Collected data -
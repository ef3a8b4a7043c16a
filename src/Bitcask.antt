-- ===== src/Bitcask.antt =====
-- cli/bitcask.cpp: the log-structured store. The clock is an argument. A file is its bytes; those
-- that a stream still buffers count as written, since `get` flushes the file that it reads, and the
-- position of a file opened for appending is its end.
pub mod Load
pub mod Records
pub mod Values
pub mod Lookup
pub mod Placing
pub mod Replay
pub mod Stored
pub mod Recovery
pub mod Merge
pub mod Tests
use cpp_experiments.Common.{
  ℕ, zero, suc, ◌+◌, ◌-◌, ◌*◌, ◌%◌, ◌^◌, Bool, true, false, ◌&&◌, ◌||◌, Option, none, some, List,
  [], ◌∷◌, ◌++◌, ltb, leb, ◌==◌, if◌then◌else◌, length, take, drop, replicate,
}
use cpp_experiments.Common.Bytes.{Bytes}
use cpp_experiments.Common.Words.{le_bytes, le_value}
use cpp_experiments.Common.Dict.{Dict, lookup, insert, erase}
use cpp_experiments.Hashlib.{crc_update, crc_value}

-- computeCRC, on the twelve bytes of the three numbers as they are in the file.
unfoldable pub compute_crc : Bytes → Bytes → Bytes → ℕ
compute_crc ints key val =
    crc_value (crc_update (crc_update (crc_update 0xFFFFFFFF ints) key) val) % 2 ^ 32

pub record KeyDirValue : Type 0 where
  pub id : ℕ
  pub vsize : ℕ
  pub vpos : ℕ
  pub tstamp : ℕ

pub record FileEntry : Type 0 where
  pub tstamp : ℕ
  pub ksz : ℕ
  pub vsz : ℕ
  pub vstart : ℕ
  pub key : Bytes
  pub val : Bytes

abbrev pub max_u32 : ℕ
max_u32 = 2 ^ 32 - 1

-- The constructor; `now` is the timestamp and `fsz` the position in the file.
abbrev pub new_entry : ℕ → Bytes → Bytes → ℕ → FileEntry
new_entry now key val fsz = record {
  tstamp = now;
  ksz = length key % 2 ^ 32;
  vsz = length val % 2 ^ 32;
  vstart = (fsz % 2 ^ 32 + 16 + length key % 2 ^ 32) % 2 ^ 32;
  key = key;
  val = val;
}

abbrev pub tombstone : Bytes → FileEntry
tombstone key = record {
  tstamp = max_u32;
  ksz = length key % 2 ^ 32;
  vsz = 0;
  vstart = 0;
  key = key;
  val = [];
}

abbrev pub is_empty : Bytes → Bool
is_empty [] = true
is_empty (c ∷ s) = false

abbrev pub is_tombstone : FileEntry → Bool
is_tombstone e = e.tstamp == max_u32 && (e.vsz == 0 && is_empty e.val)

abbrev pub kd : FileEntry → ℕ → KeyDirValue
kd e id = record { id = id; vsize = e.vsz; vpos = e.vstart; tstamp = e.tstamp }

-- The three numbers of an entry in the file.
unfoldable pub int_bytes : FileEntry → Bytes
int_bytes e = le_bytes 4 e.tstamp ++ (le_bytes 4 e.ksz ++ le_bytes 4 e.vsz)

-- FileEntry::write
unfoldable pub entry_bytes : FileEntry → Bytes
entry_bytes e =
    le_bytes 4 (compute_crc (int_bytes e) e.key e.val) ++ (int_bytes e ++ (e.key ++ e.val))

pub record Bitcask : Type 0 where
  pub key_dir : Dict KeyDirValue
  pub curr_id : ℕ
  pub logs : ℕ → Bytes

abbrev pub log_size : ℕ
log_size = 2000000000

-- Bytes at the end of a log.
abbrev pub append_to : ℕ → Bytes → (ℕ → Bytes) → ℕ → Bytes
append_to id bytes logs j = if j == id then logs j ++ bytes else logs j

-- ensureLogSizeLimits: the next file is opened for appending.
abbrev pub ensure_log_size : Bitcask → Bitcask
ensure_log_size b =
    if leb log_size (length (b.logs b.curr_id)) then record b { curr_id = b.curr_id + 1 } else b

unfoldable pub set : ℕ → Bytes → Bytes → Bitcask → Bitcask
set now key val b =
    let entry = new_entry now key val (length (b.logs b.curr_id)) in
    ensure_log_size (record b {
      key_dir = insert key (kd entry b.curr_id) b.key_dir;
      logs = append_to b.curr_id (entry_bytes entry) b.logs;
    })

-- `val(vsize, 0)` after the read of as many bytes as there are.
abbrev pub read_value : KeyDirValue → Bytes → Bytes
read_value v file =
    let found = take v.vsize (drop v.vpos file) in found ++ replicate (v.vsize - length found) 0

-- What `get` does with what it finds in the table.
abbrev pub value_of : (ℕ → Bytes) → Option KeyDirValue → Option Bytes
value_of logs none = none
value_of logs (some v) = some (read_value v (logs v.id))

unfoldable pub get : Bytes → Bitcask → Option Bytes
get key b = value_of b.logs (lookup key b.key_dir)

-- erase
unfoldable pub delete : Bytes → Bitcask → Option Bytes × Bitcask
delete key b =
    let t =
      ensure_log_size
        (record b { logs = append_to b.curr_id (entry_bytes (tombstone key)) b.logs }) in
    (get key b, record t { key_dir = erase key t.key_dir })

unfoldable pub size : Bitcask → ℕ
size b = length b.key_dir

TASK TO COMPLETE - Every record above belongs in the answer, reproduced exactly.

SOLUTION FOR THIS EXERCISE -
repository ef3a8b4a7043c16a
filename src/Bitcask.antt
-- ===== src/Bitcask.antt =====
-- cli/bitcask.cpp: the log-structured store. The clock is an argument. A file is its bytes; those
-- that a stream still buffers count as written, since `get` flushes the file that it reads, and the
-- position of a file opened for appending is its end.
pub mod Load
pub mod Records
pub mod Values
pub mod Lookup
pub mod Placing
pub mod Replay
pub mod Stored
pub mod Recovery
pub mod Merge
pub mod Tests
use cpp_experiments.Common.{
  ℕ, zero, suc, ◌+◌, ◌-◌, ◌*◌, ◌%◌, ◌^◌, Bool, true, false, ◌&&◌, ◌||◌, Option, none, some, List,
  [], ◌∷◌, ◌++◌, ltb, leb, ◌==◌, if◌then◌else◌, length, take, drop, replicate,
}
use cpp_experiments.Common.Bytes.{Bytes}
use cpp_experiments.Common.Words.{le_bytes, le_value}
use cpp_experiments.Common.Dict.{Dict, lookup, insert, erase}
use cpp_experiments.Hashlib.{crc_update, crc_value}

-- computeCRC, on the twelve bytes of the three numbers as they are in the file.
unfoldable pub compute_crc : Bytes → Bytes → Bytes → ℕ
compute_crc ints key val =
    crc_value (crc_update (crc_update (crc_update 0xFFFFFFFF ints) key) val) % 2 ^ 32

pub record KeyDirValue : Type 0 where
  pub id : ℕ
  pub vsize : ℕ
  pub vpos : ℕ
  pub tstamp : ℕ

pub record FileEntry : Type 0 where
  pub tstamp : ℕ
  pub ksz : ℕ
  pub vsz : ℕ
  pub vstart : ℕ
  pub key : Bytes
  pub val : Bytes

abbrev pub max_u32 : ℕ
max_u32 = 2 ^ 32 - 1

-- The constructor; `now` is the timestamp and `fsz` the position in the file.
abbrev pub new_entry : ℕ → Bytes → Bytes → ℕ → FileEntry
new_entry now key val fsz = record {
  tstamp = now;
  ksz = length key % 2 ^ 32;
  vsz = length val % 2 ^ 32;
  vstart = (fsz % 2 ^ 32 + 16 + length key % 2 ^ 32) % 2 ^ 32;
  key = key;
  val = val;
}

abbrev pub tombstone : Bytes → FileEntry
tombstone key = record {
  tstamp = max_u32;
  ksz = length key % 2 ^ 32;
  vsz = 0;
  vstart = 0;
  key = key;
  val = [];
}

abbrev pub is_empty : Bytes → Bool
is_empty [] = true
is_empty (c ∷ s) = false

abbrev pub is_tombstone : FileEntry → Bool
is_tombstone e = e.tstamp == max_u32 && (e.vsz == 0 && is_empty e.val)

abbrev pub kd : FileEntry → ℕ → KeyDirValue
kd e id = record { id = id; vsize = e.vsz; vpos = e.vstart; tstamp = e.tstamp }

-- The three numbers of an entry in the file.
unfoldable pub int_bytes : FileEntry → Bytes
int_bytes e = le_bytes 4 e.tstamp ++ (le_bytes 4 e.ksz ++ le_bytes 4 e.vsz)

-- FileEntry::write
unfoldable pub entry_bytes : FileEntry → Bytes
entry_bytes e =
    le_bytes 4 (compute_crc (int_bytes e) e.key e.val) ++ (int_bytes e ++ (e.key ++ e.val))

pub record Bitcask : Type 0 where
  pub key_dir : Dict KeyDirValue
  pub curr_id : ℕ
  pub logs : ℕ → Bytes

abbrev pub log_size : ℕ
log_size = 2000000000

-- Bytes at the end of a log.
abbrev pub append_to : ℕ → Bytes → (ℕ → Bytes) → ℕ → Bytes
append_to id bytes logs j = if j == id then logs j ++ bytes else logs j

-- ensureLogSizeLimits: the next file is opened for appending.
abbrev pub ensure_log_size : Bitcask → Bitcask
ensure_log_size b =
    if leb log_size (length (b.logs b.curr_id)) then record b { curr_id = b.curr_id + 1 } else b

unfoldable pub set : ℕ → Bytes → Bytes → Bitcask → Bitcask
set now key val b =
    let entry = new_entry now key val (length (b.logs b.curr_id)) in
    ensure_log_size (record b {
      key_dir = insert key (kd entry b.curr_id) b.key_dir;
      logs = append_to b.curr_id (entry_bytes entry) b.logs;
    })

-- `val(vsize, 0)` after the read of as many bytes as there are.
abbrev pub read_value : KeyDirValue → Bytes → Bytes
read_value v file =
    let found = take v.vsize (drop v.vpos file) in found ++ replicate (v.vsize - length found) 0

-- What `get` does with what it finds in the table.
abbrev pub value_of : (ℕ → Bytes) → Option KeyDirValue → Option Bytes
value_of logs none = none
value_of logs (some v) = some (read_value v (logs v.id))

unfoldable pub get : Bytes → Bitcask → Option Bytes
get key b = value_of b.logs (lookup key b.key_dir)

-- erase
unfoldable pub delete : Bytes → Bitcask → Option Bytes × Bitcask
delete key b =
    let t =
      ensure_log_size
        (record b { logs = append_to b.curr_id (entry_bytes (tombstone key)) b.logs }) in
    (get key b, record t { key_dir = erase key t.key_dir })

unfoldable pub size : Bitcask → ℕ
size b = length b.key_dir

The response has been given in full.